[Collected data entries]
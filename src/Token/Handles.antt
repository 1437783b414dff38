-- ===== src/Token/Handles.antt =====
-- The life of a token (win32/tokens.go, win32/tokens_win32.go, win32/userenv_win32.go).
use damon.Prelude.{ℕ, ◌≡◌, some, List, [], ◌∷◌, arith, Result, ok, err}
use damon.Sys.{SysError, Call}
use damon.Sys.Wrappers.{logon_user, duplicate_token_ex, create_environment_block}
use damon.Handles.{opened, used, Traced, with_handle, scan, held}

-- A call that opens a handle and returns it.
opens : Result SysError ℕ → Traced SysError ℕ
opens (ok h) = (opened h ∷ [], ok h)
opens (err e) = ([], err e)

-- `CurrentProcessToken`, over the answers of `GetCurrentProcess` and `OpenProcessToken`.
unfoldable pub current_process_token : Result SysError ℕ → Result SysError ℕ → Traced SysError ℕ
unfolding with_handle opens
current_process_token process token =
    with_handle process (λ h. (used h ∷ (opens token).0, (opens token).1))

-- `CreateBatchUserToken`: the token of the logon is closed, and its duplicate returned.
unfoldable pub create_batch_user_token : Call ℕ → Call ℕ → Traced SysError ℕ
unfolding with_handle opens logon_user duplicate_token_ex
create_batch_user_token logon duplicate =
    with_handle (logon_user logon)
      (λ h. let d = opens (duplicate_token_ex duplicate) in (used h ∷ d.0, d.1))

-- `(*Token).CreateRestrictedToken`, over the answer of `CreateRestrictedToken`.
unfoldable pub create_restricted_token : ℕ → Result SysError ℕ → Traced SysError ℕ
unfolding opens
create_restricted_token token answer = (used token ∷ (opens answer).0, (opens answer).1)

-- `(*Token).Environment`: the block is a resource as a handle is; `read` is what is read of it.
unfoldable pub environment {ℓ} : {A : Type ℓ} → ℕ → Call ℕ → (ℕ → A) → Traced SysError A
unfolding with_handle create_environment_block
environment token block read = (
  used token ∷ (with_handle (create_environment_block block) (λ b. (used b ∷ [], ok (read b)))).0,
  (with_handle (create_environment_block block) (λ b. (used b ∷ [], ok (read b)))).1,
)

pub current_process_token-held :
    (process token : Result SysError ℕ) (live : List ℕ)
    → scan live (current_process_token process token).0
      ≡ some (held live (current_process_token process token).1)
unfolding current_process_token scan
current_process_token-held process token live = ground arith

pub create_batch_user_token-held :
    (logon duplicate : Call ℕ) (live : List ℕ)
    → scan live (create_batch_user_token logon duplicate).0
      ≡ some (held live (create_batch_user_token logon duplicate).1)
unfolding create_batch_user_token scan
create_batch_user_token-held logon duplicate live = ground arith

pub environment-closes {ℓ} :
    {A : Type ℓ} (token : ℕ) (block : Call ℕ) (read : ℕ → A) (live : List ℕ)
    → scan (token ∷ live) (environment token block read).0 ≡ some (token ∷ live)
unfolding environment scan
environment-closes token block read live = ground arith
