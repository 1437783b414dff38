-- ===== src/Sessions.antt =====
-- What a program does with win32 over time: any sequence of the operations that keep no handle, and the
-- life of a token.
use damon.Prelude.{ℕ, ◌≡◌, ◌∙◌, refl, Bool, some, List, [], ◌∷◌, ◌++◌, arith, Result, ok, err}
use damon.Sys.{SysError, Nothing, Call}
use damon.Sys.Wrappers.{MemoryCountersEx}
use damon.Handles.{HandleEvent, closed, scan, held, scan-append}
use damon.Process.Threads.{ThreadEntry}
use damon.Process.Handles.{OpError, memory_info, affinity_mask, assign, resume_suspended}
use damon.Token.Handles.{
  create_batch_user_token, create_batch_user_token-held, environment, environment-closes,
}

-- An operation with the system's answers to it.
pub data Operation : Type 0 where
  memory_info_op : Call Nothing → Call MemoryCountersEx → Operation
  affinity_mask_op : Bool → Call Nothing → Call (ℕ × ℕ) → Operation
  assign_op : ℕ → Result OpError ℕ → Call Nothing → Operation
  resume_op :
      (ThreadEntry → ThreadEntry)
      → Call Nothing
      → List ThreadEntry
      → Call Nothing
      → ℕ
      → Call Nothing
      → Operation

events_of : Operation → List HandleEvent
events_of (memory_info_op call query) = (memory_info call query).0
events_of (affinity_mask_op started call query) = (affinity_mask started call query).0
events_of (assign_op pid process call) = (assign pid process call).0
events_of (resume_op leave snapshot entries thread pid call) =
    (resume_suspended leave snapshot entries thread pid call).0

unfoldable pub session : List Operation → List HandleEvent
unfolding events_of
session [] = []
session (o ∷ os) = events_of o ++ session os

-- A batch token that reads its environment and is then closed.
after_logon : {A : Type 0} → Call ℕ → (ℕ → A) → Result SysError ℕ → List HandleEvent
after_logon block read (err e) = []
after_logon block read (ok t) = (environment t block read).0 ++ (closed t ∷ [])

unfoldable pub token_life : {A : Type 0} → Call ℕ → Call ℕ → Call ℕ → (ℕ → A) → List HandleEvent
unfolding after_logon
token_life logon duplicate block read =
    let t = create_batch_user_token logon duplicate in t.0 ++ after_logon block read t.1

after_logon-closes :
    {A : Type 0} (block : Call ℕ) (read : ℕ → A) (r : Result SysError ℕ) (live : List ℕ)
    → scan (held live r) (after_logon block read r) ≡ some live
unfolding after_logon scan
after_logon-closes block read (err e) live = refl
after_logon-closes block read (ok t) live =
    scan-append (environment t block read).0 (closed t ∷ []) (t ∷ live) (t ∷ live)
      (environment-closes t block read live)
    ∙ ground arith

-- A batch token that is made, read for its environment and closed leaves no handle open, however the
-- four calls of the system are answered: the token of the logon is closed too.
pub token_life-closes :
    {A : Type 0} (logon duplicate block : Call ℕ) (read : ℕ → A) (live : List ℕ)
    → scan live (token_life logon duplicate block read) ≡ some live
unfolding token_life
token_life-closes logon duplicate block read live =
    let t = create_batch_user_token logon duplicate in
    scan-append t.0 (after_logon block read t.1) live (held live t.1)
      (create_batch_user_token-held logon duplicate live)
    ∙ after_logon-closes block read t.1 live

Instructions to follow:
Make sure that every entry above is copied out exactly as it stands.

Result:
filename src/Token/Handles.antt
repository 1437783b414dff38
-- ===== src/Token/Handles.antt =====
-- The life of a token (win32/tokens.go, win32/tokens_win32.go, win32/userenv_win32.go).
use damon.Prelude.{ℕ, ◌≡◌, some, List, [], ◌∷◌, arith, Result, ok, err}
use damon.Sys.{SysError, Call}
use damon.Sys.Wrappers.{logon_user, duplicate_token_ex, create_environment_block}
use damon.Handles.{opened, used, Traced, with_handle, scan, held}

-- A call that opens a handle and returns it.
opens : Result SysError ℕ → Traced SysError ℕ
opens (ok h) = (opened h ∷ [], ok h)
opens (err e) = ([], err e)

-- `CurrentProcessToken`, over the answers of `GetCurrentProcess` and `OpenProcessToken`.
unfoldable pub current_process_token : Result SysError ℕ → Result SysError ℕ → Traced SysError ℕ
unfolding with_handle opens
current_process_token process token =
    with_handle process (λ h. (used h ∷ (opens token).0, (opens token).1))

-- `CreateBatchUserToken`: the token of the logon is closed, and its duplicate returned.
unfoldable pub create_batch_user_token : Call ℕ → Call ℕ → Traced SysError ℕ
unfolding with_handle opens logon_user duplicate_token_ex
create_batch_user_token logon duplicate =
    with_handle (logon_user logon)
      (λ h. let d = opens (duplicate_token_ex duplicate) in (used h ∷ d.0, d.1))

-- `(*Token).CreateRestrictedToken`, over the answer of `CreateRestrictedToken`.
unfoldable pub create_restricted_token : ℕ → Result SysError ℕ → Traced SysError ℕ
unfolding opens
create_restricted_token token answer = (used token ∷ (opens answer).0, (opens answer).1)

-- `(*Token).Environment`: the block is a resource as a handle is; `read` is what is read of it.
unfoldable pub environment {ℓ} : {A : Type ℓ} → ℕ → Call ℕ → (ℕ → A) → Traced SysError A
unfolding with_handle create_environment_block
environment token block read = (
  used token ∷ (with_handle (create_environment_block block) (λ b. (used b ∷ [], ok (read b)))).0,
  (with_handle (create_environment_block block) (λ b. (used b ∷ [], ok (read b)))).1,
)

pub current_process_token-held :
    (process token : Result SysError ℕ) (live : List ℕ)
    → scan live (current_process_token process token).0
      ≡ some (held live (current_process_token process token).1)
unfolding current_process_token scan
current_process_token-held process token live = ground arith

pub create_batch_user_token-held :
    (logon duplicate : Call ℕ) (live : List ℕ)
    → scan live (create_batch_user_token logon duplicate).0
      ≡ some (held live (create_batch_user_token logon duplicate).1)
unfolding create_batch_user_token scan
create_batch_user_token-held logon duplicate live = ground arith

pub environment-closes {ℓ} :
    {A : Type ℓ} (token : ℕ) (block : Call ℕ) (read : ℕ → A) (live : List ℕ)
    → scan (token ∷ live) (environment token block read).0 ≡ some (token ∷ live)
unfolding environment scan
environment-closes token block read live = ground arith
repository 1437783b414dff38
-- ===== src/Sessions.antt =====
-- What a program does with win32 over time: any sequence of the operations that keep no handle, and the
-- life of a token.
use damon.Prelude.{ℕ, ◌≡◌, ◌∙◌, refl, Bool, some, List, [], ◌∷◌, ◌++◌, arith, Result, ok, err}
use damon.Sys.{SysError, Nothing, Call}
use damon.Sys.Wrappers.{MemoryCountersEx}
use damon.Handles.{HandleEvent, closed, scan, held, scan-append}
use damon.Process.Threads.{ThreadEntry}
use damon.Process.Handles.{OpError, memory_info, affinity_mask, assign, resume_suspended}
use damon.Token.Handles.{
  create_batch_user_token, create_batch_user_token-held, environment, environment-closes,
}

-- An operation with the system's answers to it.
pub data Operation : Type 0 where
  memory_info_op : Call Nothing → Call MemoryCountersEx → Operation
  affinity_mask_op : Bool → Call Nothing → Call (ℕ × ℕ) → Operation
  assign_op : ℕ → Result OpError ℕ → Call Nothing → Operation
  resume_op :
      (ThreadEntry → ThreadEntry)
      → Call Nothing
      → List ThreadEntry
      → Call Nothing
      → ℕ
      → Call Nothing
      → Operation

events_of : Operation → List HandleEvent
events_of (memory_info_op call query) = (memory_info call query).0
events_of (affinity_mask_op started call query) = (affinity_mask started call query).0
events_of (assign_op pid process call) = (assign pid process call).0
events_of (resume_op leave snapshot entries thread pid call) =
    (resume_suspended leave snapshot entries thread pid call).0

unfoldable pub session : List Operation → List HandleEvent
unfolding events_of
session [] = []
session (o ∷ os) = events_of o ++ session os

-- A batch token that reads its environment and is then closed.
after_logon : {A : Type 0} → Call ℕ → (ℕ → A) → Result SysError ℕ → List HandleEvent
after_logon block read (err e) = []
after_logon block read (ok t) = (environment t block read).0 ++ (closed t ∷ [])

unfoldable pub token_life : {A : Type 0} → Call ℕ → Call ℕ → Call ℕ → (ℕ → A) → List HandleEvent
unfolding after_logon
token_life logon duplicate block read =
    let t = create_batch_user_token logon duplicate in t.0 ++ after_logon block read t.1

after_logon-closes :
    {A : Type 0} (block : Call ℕ) (read : ℕ → A) (r : Result SysError ℕ) (live : List ℕ)
    → scan (held live r) (after_logon block read r) ≡ some live
unfolding after_logon scan
after_logon-closes block read (err e) live = refl
after_logon-closes block read (ok t) live =
    scan-append (environment t block read).0 (closed t ∷ []) (t ∷ live) (t ∷ live)
      (environment-closes t block read live)
    ∙ ground arith

-- A batch token that is made, read for its environment and closed leaves no handle open, however the
-- four calls of the system are answered: the token of the logon is closed too.
pub token_life-closes :
    {A : Type 0} (logon duplicate block : Call ℕ) (read : ℕ → A) (live : List ℕ)
    → scan live (token_life logon duplicate block read) ≡ some live
unfolding token_life
token_life-closes logon duplicate block read live =
    let t = create_batch_user_token logon duplicate in
    scan-append t.0 (after_logon block read t.1) live (held live t.1)
      (create_batch_user_token-held logon duplicate live)
    ∙ after_logon-closes block read t.1 live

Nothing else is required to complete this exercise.